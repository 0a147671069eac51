-- ===== src/Lifecycle/Update.antt =====
-- services/maint/update_maint.go: the edit of a draft.
use maintmode.Base.{
  ℕ, ◌+◌, ◌/◌, Option, none, some, Bool, true, false, List, [], ◌∷◌, ◌++◌, not, ◌&&◌, ◌||◌, ◌==◌,
  str_eq, all, length, from_ptr, is_some,
}
use maintmode.Entity.Period.{Period, duration, new_period}
use maintmode.Entity.Maint.{
  Maintenance, MaintenanceScope, draft, global, status_eq, scope_eq, impact_eq, normalize,
}
use maintmode.Entity.Notify.{NotifyTarget}
use maintmode.Entity.Commands.{
  UpdateMaintenanceCmd, MaintenanceStepInput, DeferredNotificationInput, MentionInput,
}
use maintmode.Lifecycle.Apply.{update_with_apply}
use maintmode.Lifecycle.Create.{
  Rules, steps_from_cmd, recalculate_planned_period, deferred_notifications_from_cmd, mentioned,
  validate_approver, validate_step_input, validate_notify_targets_input,
  validate_deferred_notification_input, validate_mention_input, uuid_not_nil, max_steps,
  max_notify_targets, max_deferred_notifications, min_mentions, max_mentions,
}
use maintmode.Reminders.{replace_reminders}
use maintmode.Targets.{resolve_notify_target, replace_targets}
use maintmode.Store.Steps.{add_steps, delete_steps}
use maintmode.Store.Children.{add_resources, delete_resources, add_mentions, delete_mentions}
use maintmode.World.Errors.{
  Result, ok, err, validation, forbidden_maint_status_transition, panic_recovery,
}
use maintmode.World.Tables.{
  AuditFieldChange, title, description, planned_period, scope, impact, approver, task_tracker_url,
  steps, resources, notify_targets, deferred_notifications, mentions, maint_updated,
}
use maintmode.World.Effect.{M, ◌>>=◌, ◌>>◌, pure, throw_if, lift, publish_audit}
use maintmode.World.Tx.{Ctx}

-- A rule on a pointer passes over `nil`.
abbrev if_given {ℓ} : {A : Type ℓ} → (A → Bool) → Option A → Bool
if_given test none = true
if_given test (some a) = test a

-- `validation.NilOrNotEmpty` is the rule of `Required` on a value that is given.
unfoldable pub validate_update : Rules → UpdateMaintenanceCmd → Bool
unfolding validate_step_input
validate_update r cmd =
    (if_given r.required_text cmd.title && if_given r.required_text cmd.description)
    && ((if_given r.http_link_url cmd.task_tracker_url
          && (if_given (λ id. r.required_id id && uuid_not_nil id) cmd.approver_user_id
              && if_given r.required cmd.planned_start))
        && (all uuid_not_nil cmd.resources
            && ((r.length_within 0 max_steps (length cmd.steps)
                  && all (validate_step_input r) cmd.steps)
                && ((r.length_within 0 max_notify_targets (length cmd.notify_targets)
                      && all (validate_notify_targets_input r) cmd.notify_targets)
                    && (if_given
                          (λ (ns : List DeferredNotificationInput).
                            r.length_within 0 max_deferred_notifications (length ns)
                            && all (validate_deferred_notification_input r) ns)
                          cmd.deferred_notifications
                        && if_given
                            (λ (ms : List MentionInput).
                              r.length_within min_mentions max_mentions (length ms)
                              && all (validate_mention_input r) ms)
                            cmd.mentions)))))

abbrev pub given {ℓ} : {A : Type ℓ} → List A → Bool
given [] = false
given (_ ∷ _) = true

-- The steps of the command, and the planned period that follows from them.
unfoldable pub stage_steps : List MaintenanceStepInput → Maintenance → Maintenance
unfolding steps_from_cmd recalculate_planned_period
stage_steps [] m = m
stage_steps (i ∷ is) m = record m {
  steps = steps_from_cmd (i ∷ is);
  planned_period = recalculate_planned_period m.planned_period.start (steps_from_cmd (i ∷ is));
}

-- Moving the start keeps the duration; an open period has none, and the source panics.
unfoldable pub stage_start : Option ℕ → Maintenance → Result Maintenance
stage_start none m = ok m
stage_start (some start) m = elim (duration m.planned_period) [
  | none ↦ err panic_recovery
  | some d ↦ ok (record m { planned_period = new_period start (start + d) })
]

abbrev or_keep {ℓ} : {A : Type ℓ} → List A → List A → List A
or_keep [] old = old
or_keep (x ∷ xs) old = x ∷ xs

unfoldable pub stage_values : List NotifyTarget → UpdateMaintenanceCmd → Maintenance → Maintenance
unfolding normalize deferred_notifications_from_cmd
stage_values targets cmd m = normalize (record m {
  scope = from_ptr m.scope cmd.scope;
  impact = from_ptr m.impact cmd.impact;
  approver_user_id = from_ptr m.approver_user_id cmd.approver_user_id;
  resources = or_keep cmd.resources m.resources;
  notify_targets = or_keep targets m.notify_targets;
  deferred_notifications = elim cmd.deferred_notifications [
    | none ↦ m.deferred_notifications
    | some ns ↦ deferred_notifications_from_cmd cmd.maint_id ns
  ];
  mentions = elim cmd.mentions [ none ↦ m.mentions | some ms ↦ mentioned ms ];
})

abbrev pub stage_texts : UpdateMaintenanceCmd → Maintenance → Maintenance
stage_texts cmd m = record m {
  title = from_ptr m.title cmd.title;
  description = from_ptr m.description cmd.description;
  task_tracker_url = from_ptr m.task_tracker_url cmd.task_tracker_url;
}

abbrev pub then_stage :
    List NotifyTarget → UpdateMaintenanceCmd → Result Maintenance → Result Maintenance
then_stage targets cmd (ok m) = ok (stage_values targets cmd m)
then_stage targets cmd (err e) = err e

-- `applyValuesFromUpdateCmd`
unfoldable pub apply_values_from_update_cmd :
    List NotifyTarget → UpdateMaintenanceCmd → Maintenance → Result Maintenance
unfolding stage_steps stage_start stage_values
apply_values_from_update_cmd targets cmd m =
    then_stage targets cmd
      (stage_start cmd.planned_start (stage_steps cmd.steps (stage_texts cmd m)))

abbrev pub when : Bool → M (Unit {0}) → M (Unit {0})
when true m = m
when false m = pure tt

-- `replaceSteps`, `replaceResources` and `replaceMentions`
unfoldable pub replace_steps : Maintenance → M (Unit {0})
unfolding delete_steps add_steps
replace_steps maint = do delete_steps maint.id; added ← add_steps maint.id maint.steps; pure tt

unfoldable pub replace_resources : Maintenance → M (Unit {0})
unfolding delete_resources add_resources
replace_resources maint = do delete_resources maint.id; add_resources maint.id maint.resources

unfoldable pub replace_mentions : Maintenance → M (Unit {0})
unfolding delete_mentions add_mentions
replace_mentions maint = do delete_mentions maint.id; add_mentions maint.id maint.mentions

abbrev pub is_global : Option MaintenanceScope → Bool
is_global none = false
is_global (some s) = scope_eq s global

-- `applyUpdate`
unfoldable pub apply_update :
    List NotifyTarget → UpdateMaintenanceCmd → Ctx → Maintenance → M Maintenance
unfolding apply_values_from_update_cmd replace_steps replace_resources replace_targets
    replace_reminders replace_mentions
apply_update targets cmd ctx maint = do
  throw_if (not (status_eq maint.status draft))
      (forbidden_maint_status_transition maint.status draft)
  staged ← lift (apply_values_from_update_cmd targets cmd maint)
  when (given cmd.steps) (replace_steps staged)
  when (given cmd.resources || is_global cmd.scope) (replace_resources staged)
  when (given cmd.notify_targets) (replace_targets ctx staged)
  when (is_some cmd.deferred_notifications)
      (replace_reminders staged.id staged.deferred_notifications)
  when (is_some cmd.mentions) (replace_mentions staged)
  pure staged

-- `Period.String` renders whole seconds, so that two periods read alike when their seconds agree.
abbrev same_second : ℕ → ℕ → Bool
same_second s t = s / 1_000_000 == t / 1_000_000

abbrev same_end : Option ℕ → Option ℕ → Bool
same_end none none = true
same_end (some s) (some t) = same_second s t
same_end _ _ = false

abbrev same_period_text : Period → Period → Bool
same_period_text p q = same_second p.start q.start && same_end p.end q.end

abbrev note : AuditFieldChange → Bool → List AuditFieldChange
note c true = c ∷ []
note c false = []

-- `maintUpdateChanges`
unfoldable pub maint_update_changes :
    Maintenance → Maintenance → UpdateMaintenanceCmd → List AuditFieldChange
maint_update_changes prev current cmd =
    note title (not (str_eq prev.title current.title))
    ++ (note description (not (str_eq prev.description current.description))
        ++ (note planned_period (not (same_period_text prev.planned_period current.planned_period))
            ++ (note scope (not (scope_eq prev.scope current.scope))
                ++ (note impact (not (impact_eq prev.impact current.impact))
                    ++ (note approver (not (prev.approver_user_id == current.approver_user_id))
                        ++ (note task_tracker_url
                              (not (str_eq prev.task_tracker_url current.task_tracker_url))
                            ++ (note steps (given cmd.steps)
                                ++ (note resources (given cmd.resources || is_global cmd.scope)
                                    ++ (note notify_targets (given cmd.notify_targets)
                                        ++ (note deferred_notifications
                                              (is_some cmd.deferred_notifications)
                                            ++ note mentions (is_some cmd.mentions)))))))))))

unfoldable pub audit_changes :
    UpdateMaintenanceCmd → Maintenance → List AuditFieldChange → M (Unit {0})
unfolding publish_audit
audit_changes cmd current [] = pure tt
audit_changes cmd current (c ∷ cs) = publish_audit (maint_updated cmd.actor current (c ∷ cs))

abbrev pub check_new_approver : Option ℕ → M (Unit {0})
check_new_approver none = pure tt
check_new_approver (some id) = validate_approver id

-- `UpdateMaint`
unfoldable pub update_draft : Rules → UpdateMaintenanceCmd → M (Unit {0})
unfolding validate_update validate_approver resolve_notify_target apply_update maint_update_changes
    audit_changes update_with_apply
update_draft r cmd = do
  throw_if (not (validate_update r cmd)) validation
  check_new_approver cmd.approver_user_id
  targets ← resolve_notify_target cmd.maint_id cmd.notify_targets
  both ← update_with_apply cmd.maint_id (apply_update targets cmd)
  audit_changes cmd both.1 (maint_update_changes both.0 both.1 cmd)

________________________

* Task details *
Would you please write out, exactly and with no other lines, the stretch of the listing above from the line containing "given (_ ∷ _) = true" through the line containing "impact = from_ptr m.impact cmd.impact;"?

* Response below *
given (_ ∷ _) = true

-- The steps of the command, and the planned period that follows from them.
unfoldable pub stage_steps : List MaintenanceStepInput → Maintenance → Maintenance
unfolding steps_from_cmd recalculate_planned_period
stage_steps [] m = m
stage_steps (i ∷ is) m = record m {
  steps = steps_from_cmd (i ∷ is);
  planned_period = recalculate_planned_period m.planned_period.start (steps_from_cmd (i ∷ is));
}

-- Moving the start keeps the duration; an open period has none, and the source panics.
unfoldable pub stage_start : Option ℕ → Maintenance → Result Maintenance
stage_start none m = ok m
stage_start (some start) m = elim (duration m.planned_period) [
  | none ↦ err panic_recovery
  | some d ↦ ok (record m { planned_period = new_period start (start + d) })
]

abbrev or_keep {ℓ} : {A : Type ℓ} → List A → List A → List A
or_keep [] old = old
or_keep (x ∷ xs) old = x ∷ xs

unfoldable pub stage_values : List NotifyTarget → UpdateMaintenanceCmd → Maintenance → Maintenance
unfolding normalize deferred_notifications_from_cmd
stage_values targets cmd m = normalize (record m {
  scope = from_ptr m.scope cmd.scope;
  impact = from_ptr m.impact cmd.impact;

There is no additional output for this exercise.